◆ **Exercise aim**: Your answer is every line of the material below in which the string "refuses" occurs.

### Data to examine

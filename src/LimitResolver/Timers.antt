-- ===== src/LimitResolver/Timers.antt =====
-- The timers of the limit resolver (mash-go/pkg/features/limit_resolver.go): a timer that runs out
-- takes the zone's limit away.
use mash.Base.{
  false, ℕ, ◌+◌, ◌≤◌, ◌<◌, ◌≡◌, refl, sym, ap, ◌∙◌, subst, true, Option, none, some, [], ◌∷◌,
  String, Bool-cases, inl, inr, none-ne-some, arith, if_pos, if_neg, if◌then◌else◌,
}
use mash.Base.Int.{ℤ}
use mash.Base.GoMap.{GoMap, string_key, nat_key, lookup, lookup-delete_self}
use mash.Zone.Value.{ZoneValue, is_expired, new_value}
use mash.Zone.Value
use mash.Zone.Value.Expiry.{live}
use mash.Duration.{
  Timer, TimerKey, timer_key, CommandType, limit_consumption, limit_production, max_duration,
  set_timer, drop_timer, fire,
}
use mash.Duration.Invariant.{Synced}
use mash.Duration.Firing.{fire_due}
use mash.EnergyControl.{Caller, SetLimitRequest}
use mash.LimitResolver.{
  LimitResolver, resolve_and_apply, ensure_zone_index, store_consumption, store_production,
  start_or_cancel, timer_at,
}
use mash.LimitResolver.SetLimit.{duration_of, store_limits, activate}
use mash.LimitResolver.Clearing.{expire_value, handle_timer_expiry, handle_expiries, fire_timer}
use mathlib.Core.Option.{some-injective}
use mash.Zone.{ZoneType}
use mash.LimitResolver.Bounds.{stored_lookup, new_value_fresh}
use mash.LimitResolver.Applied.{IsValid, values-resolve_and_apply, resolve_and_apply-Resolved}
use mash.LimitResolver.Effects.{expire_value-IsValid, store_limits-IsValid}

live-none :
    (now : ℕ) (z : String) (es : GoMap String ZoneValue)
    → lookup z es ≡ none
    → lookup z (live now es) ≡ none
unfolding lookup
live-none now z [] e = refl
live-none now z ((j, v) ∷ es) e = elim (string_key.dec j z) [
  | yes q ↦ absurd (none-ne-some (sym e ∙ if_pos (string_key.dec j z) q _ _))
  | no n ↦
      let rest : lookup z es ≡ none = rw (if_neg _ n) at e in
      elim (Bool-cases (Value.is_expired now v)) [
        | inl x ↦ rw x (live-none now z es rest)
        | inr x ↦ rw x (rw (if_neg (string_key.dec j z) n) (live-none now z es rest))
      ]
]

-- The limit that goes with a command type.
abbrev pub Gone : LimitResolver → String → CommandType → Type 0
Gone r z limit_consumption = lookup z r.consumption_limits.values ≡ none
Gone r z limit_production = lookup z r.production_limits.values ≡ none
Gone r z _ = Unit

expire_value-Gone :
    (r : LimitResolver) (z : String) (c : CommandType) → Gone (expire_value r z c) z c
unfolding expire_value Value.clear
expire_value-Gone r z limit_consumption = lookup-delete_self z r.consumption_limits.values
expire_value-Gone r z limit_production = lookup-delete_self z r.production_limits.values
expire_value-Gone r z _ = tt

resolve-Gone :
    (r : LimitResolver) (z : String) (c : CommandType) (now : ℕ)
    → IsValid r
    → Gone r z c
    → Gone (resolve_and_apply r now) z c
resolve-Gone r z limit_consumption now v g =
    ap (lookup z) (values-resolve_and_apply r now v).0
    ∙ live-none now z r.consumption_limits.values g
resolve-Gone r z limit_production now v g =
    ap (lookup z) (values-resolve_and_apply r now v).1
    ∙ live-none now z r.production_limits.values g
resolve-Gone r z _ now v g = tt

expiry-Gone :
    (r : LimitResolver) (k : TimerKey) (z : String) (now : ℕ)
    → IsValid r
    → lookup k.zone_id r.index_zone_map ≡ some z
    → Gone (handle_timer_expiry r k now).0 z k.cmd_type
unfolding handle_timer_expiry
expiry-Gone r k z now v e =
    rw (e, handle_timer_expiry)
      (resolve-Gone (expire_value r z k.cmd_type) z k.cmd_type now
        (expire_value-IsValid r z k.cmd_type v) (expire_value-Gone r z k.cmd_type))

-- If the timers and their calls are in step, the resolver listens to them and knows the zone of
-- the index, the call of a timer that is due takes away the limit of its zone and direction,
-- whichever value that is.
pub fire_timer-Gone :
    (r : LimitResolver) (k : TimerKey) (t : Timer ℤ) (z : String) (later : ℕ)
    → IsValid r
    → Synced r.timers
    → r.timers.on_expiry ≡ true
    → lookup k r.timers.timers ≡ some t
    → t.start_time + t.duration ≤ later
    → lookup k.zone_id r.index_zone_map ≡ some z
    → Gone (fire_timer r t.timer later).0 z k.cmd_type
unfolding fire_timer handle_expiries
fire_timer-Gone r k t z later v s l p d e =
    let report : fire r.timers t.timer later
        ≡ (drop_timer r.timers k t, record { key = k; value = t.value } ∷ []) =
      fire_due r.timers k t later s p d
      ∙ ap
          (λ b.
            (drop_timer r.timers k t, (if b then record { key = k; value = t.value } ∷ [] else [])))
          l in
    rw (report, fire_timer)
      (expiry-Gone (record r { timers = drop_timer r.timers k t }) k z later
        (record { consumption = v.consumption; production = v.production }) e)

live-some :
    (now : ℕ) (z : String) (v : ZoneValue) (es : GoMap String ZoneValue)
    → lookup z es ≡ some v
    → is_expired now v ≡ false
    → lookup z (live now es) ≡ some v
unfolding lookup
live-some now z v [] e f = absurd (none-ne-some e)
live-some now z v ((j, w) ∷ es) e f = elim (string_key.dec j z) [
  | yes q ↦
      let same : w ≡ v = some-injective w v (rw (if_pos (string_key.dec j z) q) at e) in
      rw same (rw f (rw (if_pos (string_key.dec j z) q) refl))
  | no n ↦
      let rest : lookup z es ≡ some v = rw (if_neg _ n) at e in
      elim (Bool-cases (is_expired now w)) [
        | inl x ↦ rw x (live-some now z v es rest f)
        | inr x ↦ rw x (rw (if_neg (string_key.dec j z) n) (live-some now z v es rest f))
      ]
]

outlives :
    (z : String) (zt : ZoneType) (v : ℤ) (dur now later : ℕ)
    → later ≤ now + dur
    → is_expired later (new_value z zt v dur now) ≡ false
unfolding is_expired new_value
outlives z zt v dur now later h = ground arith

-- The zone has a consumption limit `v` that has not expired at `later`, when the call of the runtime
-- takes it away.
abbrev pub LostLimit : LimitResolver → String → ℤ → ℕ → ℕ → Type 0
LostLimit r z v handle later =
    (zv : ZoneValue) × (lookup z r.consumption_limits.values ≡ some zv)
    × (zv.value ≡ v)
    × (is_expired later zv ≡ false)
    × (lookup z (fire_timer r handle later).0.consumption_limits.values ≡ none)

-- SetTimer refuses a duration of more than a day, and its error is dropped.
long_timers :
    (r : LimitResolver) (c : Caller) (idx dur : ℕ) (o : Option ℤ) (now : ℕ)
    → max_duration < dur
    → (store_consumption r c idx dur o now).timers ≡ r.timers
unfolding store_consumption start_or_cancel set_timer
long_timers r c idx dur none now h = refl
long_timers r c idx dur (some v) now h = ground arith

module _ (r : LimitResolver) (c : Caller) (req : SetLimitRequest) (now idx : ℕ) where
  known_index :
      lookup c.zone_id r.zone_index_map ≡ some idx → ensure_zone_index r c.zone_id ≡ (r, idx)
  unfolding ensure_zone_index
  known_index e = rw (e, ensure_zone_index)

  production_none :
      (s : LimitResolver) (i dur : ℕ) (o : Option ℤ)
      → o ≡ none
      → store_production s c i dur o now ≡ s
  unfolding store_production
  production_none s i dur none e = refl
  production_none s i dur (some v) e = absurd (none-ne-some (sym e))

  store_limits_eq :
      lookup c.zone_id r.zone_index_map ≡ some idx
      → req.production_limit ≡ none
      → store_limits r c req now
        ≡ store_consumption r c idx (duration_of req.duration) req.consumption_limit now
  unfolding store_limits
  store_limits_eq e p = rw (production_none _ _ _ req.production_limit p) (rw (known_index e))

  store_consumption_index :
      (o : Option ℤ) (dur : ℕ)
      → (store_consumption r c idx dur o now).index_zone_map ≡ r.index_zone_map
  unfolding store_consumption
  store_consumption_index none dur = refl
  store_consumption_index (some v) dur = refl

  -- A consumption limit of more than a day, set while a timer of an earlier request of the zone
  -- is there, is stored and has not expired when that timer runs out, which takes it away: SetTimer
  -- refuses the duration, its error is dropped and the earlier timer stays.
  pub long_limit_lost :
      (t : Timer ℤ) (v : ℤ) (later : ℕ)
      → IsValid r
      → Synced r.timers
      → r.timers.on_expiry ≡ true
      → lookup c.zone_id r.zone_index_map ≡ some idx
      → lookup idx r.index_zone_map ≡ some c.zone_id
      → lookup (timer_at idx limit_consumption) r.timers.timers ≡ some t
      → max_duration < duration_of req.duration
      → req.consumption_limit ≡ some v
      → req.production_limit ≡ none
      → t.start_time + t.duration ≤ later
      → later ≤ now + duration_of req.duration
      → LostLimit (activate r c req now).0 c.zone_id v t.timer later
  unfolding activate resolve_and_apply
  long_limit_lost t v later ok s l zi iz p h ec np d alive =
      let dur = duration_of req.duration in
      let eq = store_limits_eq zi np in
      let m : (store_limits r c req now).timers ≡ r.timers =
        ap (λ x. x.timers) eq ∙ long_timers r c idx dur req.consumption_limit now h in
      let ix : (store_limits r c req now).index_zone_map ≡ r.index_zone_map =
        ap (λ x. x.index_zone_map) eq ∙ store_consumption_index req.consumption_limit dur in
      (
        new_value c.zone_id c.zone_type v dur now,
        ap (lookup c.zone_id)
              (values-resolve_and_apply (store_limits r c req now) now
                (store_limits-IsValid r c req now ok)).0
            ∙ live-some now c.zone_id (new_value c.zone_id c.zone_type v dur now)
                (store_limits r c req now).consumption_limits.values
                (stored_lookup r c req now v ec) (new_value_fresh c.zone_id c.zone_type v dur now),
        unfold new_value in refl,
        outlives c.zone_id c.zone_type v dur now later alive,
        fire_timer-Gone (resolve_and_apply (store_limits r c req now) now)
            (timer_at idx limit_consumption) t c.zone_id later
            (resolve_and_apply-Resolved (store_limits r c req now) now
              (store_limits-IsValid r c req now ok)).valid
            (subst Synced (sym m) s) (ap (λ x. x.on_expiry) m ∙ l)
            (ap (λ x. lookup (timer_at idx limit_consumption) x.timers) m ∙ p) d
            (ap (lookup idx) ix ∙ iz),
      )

######

◆ **Task solution**:
-- SetTimer refuses a duration of more than a day, and its error is dropped.
  -- refuses the duration, its error is dropped and the earlier timer stays.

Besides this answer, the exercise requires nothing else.